# 8163B PTO issues



## jjz28 (Apr 14, 2013)

My pto started slowing down on my mower deck and actually stopped going through tall grass. It worked great last year and this was the first startup this year. I used the search and saw someone who had a problem like me and they adjusted the "free play" and it worked. Richard-tx is the one who helped the guy. Is it the free play in the pto lever that I move forward to engage the pto. I know it has always been all the way against the metal cover. Is it not supposed to be that much forward? How do I adjust that? Any help would be appreciated. Thanks!


----------



## jjz28 (Apr 14, 2013)

OK, so I went out and took the shifter cover plate off and that allowed the pto lever to go further up and now it works like it always did. I am glad I searched this on this forum before I took the tranny apart.


----------



## Richard-tx (Jan 30, 2011)

Since the free play was not adjusted and the clutch was slipping, it is likely that the clutch has worn.

Replacing a clutch is an expensive job in both time and materials.

Be kind to your PTO clutch and treat as you would any other clutch. Engage it while at an idle and then run the throttle up.
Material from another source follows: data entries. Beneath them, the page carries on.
-- ===== src/Stream/Api.antt =====
-- What the owner of a StreamWebSocket calls (uWebSockets/src/StreamWebSocket.cpp): consume,
-- releaseEvents, createFrame and createCloseFrame, with deflateMessage.
pub mod Reads
pub mod Sends
use eiows.Common.{
  ℕ, ◌+◌, ◌-◌, ◌%◌, ◌^◌, min, Bool, true, false, not, ◌&&◌, ◌||◌, Option, none, some, List, [], ◌∷◌,
  ◌++◌, ltb, ◌==◌, if◌then◌else◌, Bytes, length, take, drop, get_or,
}
use eiows.Protocol.Ascii.{Simd}
use eiows.Protocol.Frame.{nonzero, short_message_header, medium_message_header, long_message_header}
use eiows.Protocol.OpCode
use eiows.Protocol.Parser
use eiows.Protocol.State.{WebSocketState, initial_state}
use eiows.Protocol.Utf8.{is_valid_utf8}
use eiows.Stream.Hooks.{protocol_hooks, uint_max}
use eiows.Stream.Session.{
  Codec, Session, CompressionStatus, disabled, enabled, compressed_frame, has_option, format_frame,
  format_close, fail, fail_with, server_no_context_takeover, new_session,
}

-- The parser's part and the session's part of a StreamWebSocket.
pub record StreamWebSocket (Context : Type 0) : Type 0 where
  pub state : WebSocketState
  pub session : Session Context

-- The length of the header whose first bytes are in the spill; `data` is the next read.
pub spilled_header_length : WebSocketState → Bytes → ℕ
spilled_header_length w bytes =
    let marker = (if ltb 1 w.spill_length then get_or w.spill 1 0 else get_or bytes 0 0) % 2 ^ 7 in
    if ltb marker 126
    then short_message_header
    else if marker == 126
    then medium_message_header
    else long_message_header

-- How much of the next read is copied behind the spill; the subtraction is one of size_t.
pub spilled_part : WebSocketState → Bytes → ℕ
spilled_part w bytes =
    min (length bytes) ((spilled_header_length w bytes + 2 ^ 64 - w.spill_length) % 2 ^ 64)

abbrev pub is_deflating : CompressionStatus → Bool
is_deflating disabled = false
is_deflating enabled = true
is_deflating compressed_frame = true

abbrev pub is_closing : {Context : Type 0} → Session Context → Bool
is_closing s = s.closing || s.close_sent

module _ {Context : Type 0} (codec : Codec Context) (simd : Simd) where
  abbrev pub new_stream : ℕ → ℕ → ℕ → Option Context → StreamWebSocket Context
  new_stream options window_bits max_payload given = record {
    state = initial_state;
    session = new_session codec options window_bits max_payload given;
  }

  pub release_events : Session Context → Session Context
  release_events s = record s { events = [] }

  -- WebSocketProtocol::consume on the stream.
  pub parse : Bytes → StreamWebSocket Context → StreamWebSocket Context
  parse bytes ws =
      let (w, s) = Parser.consume (protocol_hooks codec simd) simd bytes ws.state ws.session in
      record { state = w; session = s }

  -- The branch `if (state.spillLength)`.
  pub consume_spilled : Bytes → StreamWebSocket Context → StreamWebSocket Context
  consume_spilled bytes ws =
      let copied = spilled_part ws.state bytes in
      let ws' = parse (take copied bytes) ws in
      if not ws'.session.closing && ltb copied (length bytes)
      then parse (drop copied bytes) ws'
      else ws'

  pub consume : Bytes → StreamWebSocket Context → StreamWebSocket Context
  consume bytes ws =
      let s = record (release_events ws.session) { failure_code = 1002 } in
      let ws' = record ws { session = s } in
      if s.closing || length bytes == 0
      then ws'
      else if ltb uint_max (length bytes)
      then record ws { session = fail_with simd 1009 s }
      else if nonzero ws.state.spill_length
      then consume_spilled bytes ws'
      else parse bytes ws'

  -- deflateMessage; `none` is its false.
  pub deflate_message : Bytes → Session Context → Option Bytes × Session Context
  deflate_message bytes s =
      let no_takeover = has_option s.extension_options server_no_context_takeover in
      let call = codec.deflate_message bytes s.server_max_window_bits no_takeover in
      if no_takeover
      then elim s.shared_context [
        | none ↦ (none, s)
        | some context ↦
            let (out, context') = call context in (out, record s { shared_context = some context' })
      ]
      else elim s.private_context [
        | none ↦ (none, s)
        | some context ↦
            let (out, context') = call context in
            (out, record s { private_context = some context' })
      ]

  -- The frame of a deflated message.
  abbrev compressed_frame_of : ℕ → Option Bytes × Session Context → Option Bytes × Session Context
  compressed_frame_of op_code (none, s) = (none, s)
  compressed_frame_of op_code (some out, s) = (some (format_frame out op_code true), s)

  -- createFrame; `none` is its false.
  pub create_frame : Bytes → ℕ → Bool → Session Context → Option Bytes × Session Context
  create_frame bytes op_code compress s =
      if s.closing
        || s.close_sent
        || (not (op_code == OpCode.text) && not (op_code == OpCode.binary))
      then (none, s)
      else if op_code == OpCode.text && not (is_valid_utf8 simd bytes)
      then (none, s)
      else if compress && is_deflating s.compression_status
      then compressed_frame_of op_code (deflate_message bytes s)
      else (some (format_frame bytes op_code false), s)

  -- createCloseFrame; `none` is its false.
  pub create_close_frame : ℕ → Option Bytes → Session Context → Option Bytes × Session Context
  create_close_frame code reason s =
      if s.closing || s.close_sent
      then (none, s)
      else (some (format_close simd code reason), record s { close_sent = true })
Adjusting the free play is not all that hard. It is a 5 minute job assuming the clevis is free to turn. If the clevis is rusted on, then the rod will have to be removed and some heat applied to free it up.


----------



## jjz28 (Apr 14, 2013)

I adjusted the rod that has the bend on the end and attaches to the pto lever. I turned very easy, I guess because this gravely has only spend maybe a total of 5 days outside overnight. It has been barn and garage kept all its life. Everything I have adjusted was "free", no rusted nuts or bolts. Thanks Richard, your post in the past is what made me check the pto travel and see it was hitting the guard.


----------



## jjz28 (Apr 14, 2013)

Well, I guess the clutch is finally gone. It was stopping in grass again so I adjusted it some more but it will only move the blades if I hold down on the lever to apply a lot of pressure to it. Is there a guide of how to replace the pto clutch on the 8163B? Thanks.


----------